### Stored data
# # # # # # #

-- ===== src/Json/Termination/Descent.antt =====
-- The recursive descent of include/json.hpp ends.
use glmserve.Prelude.{
  ℕ, zero, suc, ◌+◌, ◌≤◌, ◌<◌, ◌≡◌, ◌≢◌, refl, Bool, true, false, ◌||◌, Option, none, some, [], ◌∷◌,
  drop, ◌==◌, length, length-drop, Bool-cases, Option-cases, inl, inr, arith, take,
}
use glmserve.Prelude.Bytes.{Bytes, bytes_eq, codes}
use glmserve.Prelude.Result.{Result, ok, err}
use glmserve.Json.{Error, fail, bad_number, out_of_fuel, invalid_number, Parsed, get, peek, skip_ws}
use glmserve.Json.Parser.{
  Value, Values, Members, number_text, number_loop, parse_number, parse_bool, parse_null,
  members_loop, parse_object, elements_loop, parse_array, parse_string_value, parse_value, parse,
  insert, push_back, no_members, no_values, number,
}
use glmserve.Json.Termination.{
  Within, gives, fails, throws, unread, bind_lem, if_lem, wider, get-le, skip_ws-le, expect-Within,
  parse_string-Within,
}

number_loop-le : (s : Bytes) → length (number_loop s).0 + length (number_loop s).1 ≤ length s
unfolding number_loop
number_loop-le [] = omega arith
number_loop-le (c ∷ s) = ground (arith, number_loop-le s)

number_text-le : (s : Bytes) → length (number_text s).0 + length (number_text s).1 ≤ length s
unfolding number_text
number_text-le [] = omega arith
number_text-le (c ∷ s) = elim (Bool-cases (c == b'-' || c == b'+')) [
  | inl e ↦ rw e (omega (arith, number_loop-le s))
  | inr e ↦ rw e (number_loop-le (c ∷ s))
]

literal-lt :
    (n : ℕ) (s : Bytes) (x : ℕ) (text : Bytes)
    → bytes_eq (take (suc n) s) (x ∷ text) ≡ true
    → length (drop (suc n) s) < length s
literal-lt n [] x text h = cc
literal-lt n (c ∷ s) x text h = omega (arith, length-drop n s)

module _ {Num : Type 0} where
  parse_number-Within :
      (stod : Bytes → Option Num) (s : Bytes) → Within unread (length s) (parse_number stod s)
  unfolding parse_number
  parse_number-Within stod s = go (number_text s).0 (number_text-le s)
    where
      go :
          (text : Bytes)
          → length text + length (number_text s).1 ≤ length s
          → Within unread (length s) (elim text [
            | [] ↦ err (fail s invalid_number)
            | (c ∷ text) ↦ elim (stod (c ∷ text)) [
              | none ↦ err (bad_number s)
              | some x ↦ ok (number x, (number_text s).1)
            ]
          ])
      go [] h = fails s _
      go (c ∷ text) h = elim (Option-cases (stod (c ∷ text))) [
        | inl e ↦ rw e (throws s)
        | inr (x, e) ↦ rw e (gives _ (omega arith))
      ]

  parse_bool-Within : (s : Bytes) → Within unread (length s) (parse_bool {Num = Num} s)
  unfolding parse_bool
  parse_bool-Within s =
      if_lem (bytes_eq (take 4 s) (codes "true")) (λ e. gives _ (literal-lt 3 s _ _ e))
        λ _.
          if_lem (bytes_eq (take 5 s) (codes "false")) (λ e. gives _ (literal-lt 4 s _ _ e))
            λ _. fails _ _

  parse_null-Within : (s : Bytes) → Within unread (length s) (parse_null {Num = Num} s)
  unfolding parse_null
  parse_null-Within s =
      if_lem (bytes_eq (take 4 s) (codes "null")) (λ e. gives _ (literal-lt 3 s _ _ e))
        λ _. fails _ _

  parse_string_value-Within :
      (n : ℕ) (s : Bytes)
      → length s ≤ n
      → Within unread (length s) (parse_string_value {Num = Num} n s)
  unfolding parse_string_value
  parse_string_value-Within n s h = bind_lem (parse_string-Within n s h) λ r l. gives _ l

turn_lem {ℓ} :
    {A : Type ℓ} {left : A → ℕ} {k : ℕ} (test : Bool) {x y : Result Error A}
    → ((test ≡ true) → Within left k x)
    → ((test ≡ false) → Within left k y)
    → Within left k (elim test [ true ↦ x | false ↦ y ])
turn_lem true f g = f refl
turn_lem false f g = g refl

-- The loops, where a value inside them ends.
module _ {Num : Type 0} (inner : Bytes → Parsed (Value Num)) (k : ℕ)
    (inner-Within : (s : Bytes) → length s < k → Within unread (length s) (inner s)) where
  members_loop-Within :
      (n : ℕ) (obj : Members Num) (s : Bytes)
      → length s < n
      → n ≤ k
      → Within unread (length s) (members_loop inner n obj s)
  unfolding members_loop
  members_loop-Within zero obj s h l = elim h [ ]
  members_loop-Within (suc n) obj s h l =
      bind_lem (parse_string-Within n (skip_ws s) (omega (arith, skip_ws-le s))) λ key h1.
        bind_lem (expect-Within _ (skip_ws key.1)) λ s1 h2.
          bind_lem (inner-Within s1 (omega (arith, skip_ws-le s, skip_ws-le key.1))) λ v h3.
            let obj' = insert key.0 v.0 obj in
            let rest = (get (skip_ws v.1)).1 in
            let less : length rest < length s =
              omega (arith, skip_ws-le s, skip_ws-le key.1, skip_ws-le v.1, get-le (skip_ws v.1)) in
            turn_lem ((get (skip_ws v.1)).0 == b',')
              (λ e.
                wider (members_loop-Within n obj' rest (omega arith) (omega arith)) (omega arith))
              λ e. if_lem ((get (skip_ws v.1)).0 == b'}') (λ _. gives _ less) λ _. fails _ _

  parse_object-Within :
      (n : ℕ) (s : Bytes) → length s ≤ n → n ≤ k → Within unread (length s) (parse_object inner n s)
  unfolding parse_object
  parse_object-Within n s h l = bind_lem (expect-Within _ s) λ s1 less.
      if_lem (peek (skip_ws s1) == b'}')
        (λ _. gives _ (omega (arith, skip_ws-le s1, get-le (skip_ws s1))))
        λ _.
          wider (members_loop-Within n no_members (skip_ws s1) (omega (arith, skip_ws-le s1)) l)
            (omega (arith, skip_ws-le s1))

  elements_loop-Within :
      (n : ℕ) (arr : Values Num) (s : Bytes)
      → length s < n
      → n ≤ k
      → Within unread (length s) (elements_loop inner n arr s)
  unfolding elements_loop
  elements_loop-Within zero arr s h l = elim h [ ]
  elements_loop-Within (suc n) arr s h l = bind_lem (inner-Within s (omega arith)) λ v h3.
      let arr' = push_back arr v.0 in
      let rest = (get (skip_ws v.1)).1 in
      let less : length rest < length s = omega (arith, skip_ws-le v.1, get-le (skip_ws v.1)) in
      turn_lem ((get (skip_ws v.1)).0 == b',')
        (λ e. wider (elements_loop-Within n arr' rest (omega arith) (omega arith)) (omega arith))
        λ e. if_lem ((get (skip_ws v.1)).0 == b']') (λ _. gives _ less) λ _. fails _ _

  parse_array-Within :
      (n : ℕ) (s : Bytes) → length s ≤ n → n ≤ k → Within unread (length s) (parse_array inner n s)
  unfolding parse_array
  parse_array-Within n s h l = bind_lem (expect-Within _ s) λ s1 less.
      if_lem (peek (skip_ws s1) == b']')
        (λ _. gives _ (omega (arith, skip_ws-le s1, get-le (skip_ws s1))))
        λ _.
          wider (elements_loop-Within n no_values (skip_ws s1) (omega (arith, skip_ws-le s1)) l)
            (omega (arith, skip_ws-le s1))

parse_value-Within :
    {Num : Type 0} (stod : Bytes → Option Num) (n : ℕ) (s : Bytes)
    → length s < n
    → Within unread (length s) (parse_value stod n s)
unfolding parse_value
parse_value-Within stod zero s h = elim h [ ]
parse_value-Within stod (suc n) s h =
    let c = peek (skip_ws s) in
    let fits : length (skip_ws s) ≤ n = omega (arith, skip_ws-le s) in
    let inner : (t : Bytes) → length t < n → Within unread (length t) (parse_value stod n t) =
      λ t l. parse_value-Within stod n t l in
    wider
      (if_lem (c == b'{')
        (λ _. parse_object-Within (parse_value stod n) n inner n (skip_ws s) fits (omega arith))
        λ _.
          if_lem (c == b'[')
            (λ _. parse_array-Within (parse_value stod n) n inner n (skip_ws s) fits (omega arith))
            λ _.
              if_lem (c == b'"') (λ _. parse_string_value-Within n (skip_ws s) fits)
                λ _.
                  if_lem (c == b't' || c == b'f') (λ _. parse_bool-Within (skip_ws s))
                    λ _.
                      if_lem (c == b'n') (λ _. parse_null-Within (skip_ws s))
                        λ _. parse_number-Within stod (skip_ws s))
      (skip_ws-le s)

Within-fuel {ℓ} :
    {A : Type ℓ} {left : A → ℕ} {k : ℕ} {m : Result Error A} → Within left k m → m ≢ err out_of_fuel
Within-fuel (gives a h) e = cc
Within-fuel (fails s m) e = cc
Within-fuel (throws s) e = cc

-- The parser returns a value or throws for every text: the fuel of the model does not run out.
pub parse-ends :
    {Num : Type 0} (stod : Bytes → Option Num) (s : Bytes) → parse stod s ≢ err out_of_fuel
unfolding parse
parse-ends stod s = Within-fuel {left = λ v. 0} {k = 1} (
    bind_lem (parse_value-Within stod (length s + 2) (skip_ws s) (omega (arith, skip_ws-le s)))
      λ r h. gives _ (omega arith))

# # # # # # #

### PROBLEM DETAILS
Pull out every line in the data above that has the word "Option".

### RESPONSE
  ℕ, zero, suc, ◌+◌, ◌≤◌, ◌<◌, ◌≡◌, ◌≢◌, refl, Bool, true, false, ◌||◌, Option, none, some, [], ◌∷◌,
  drop, ◌==◌, length, length-drop, Bool-cases, Option-cases, inl, inr, arith, take,
      (stod : Bytes → Option Num) (s : Bytes) → Within unread (length s) (parse_number stod s)
      go (c ∷ text) h = elim (Option-cases (stod (c ∷ text))) [
    {Num : Type 0} (stod : Bytes → Option Num) (n : ℕ) (s : Bytes)
    {Num : Type 0} (stod : Bytes → Option Num) (s : Bytes) → parse stod s ≢ err out_of_fuel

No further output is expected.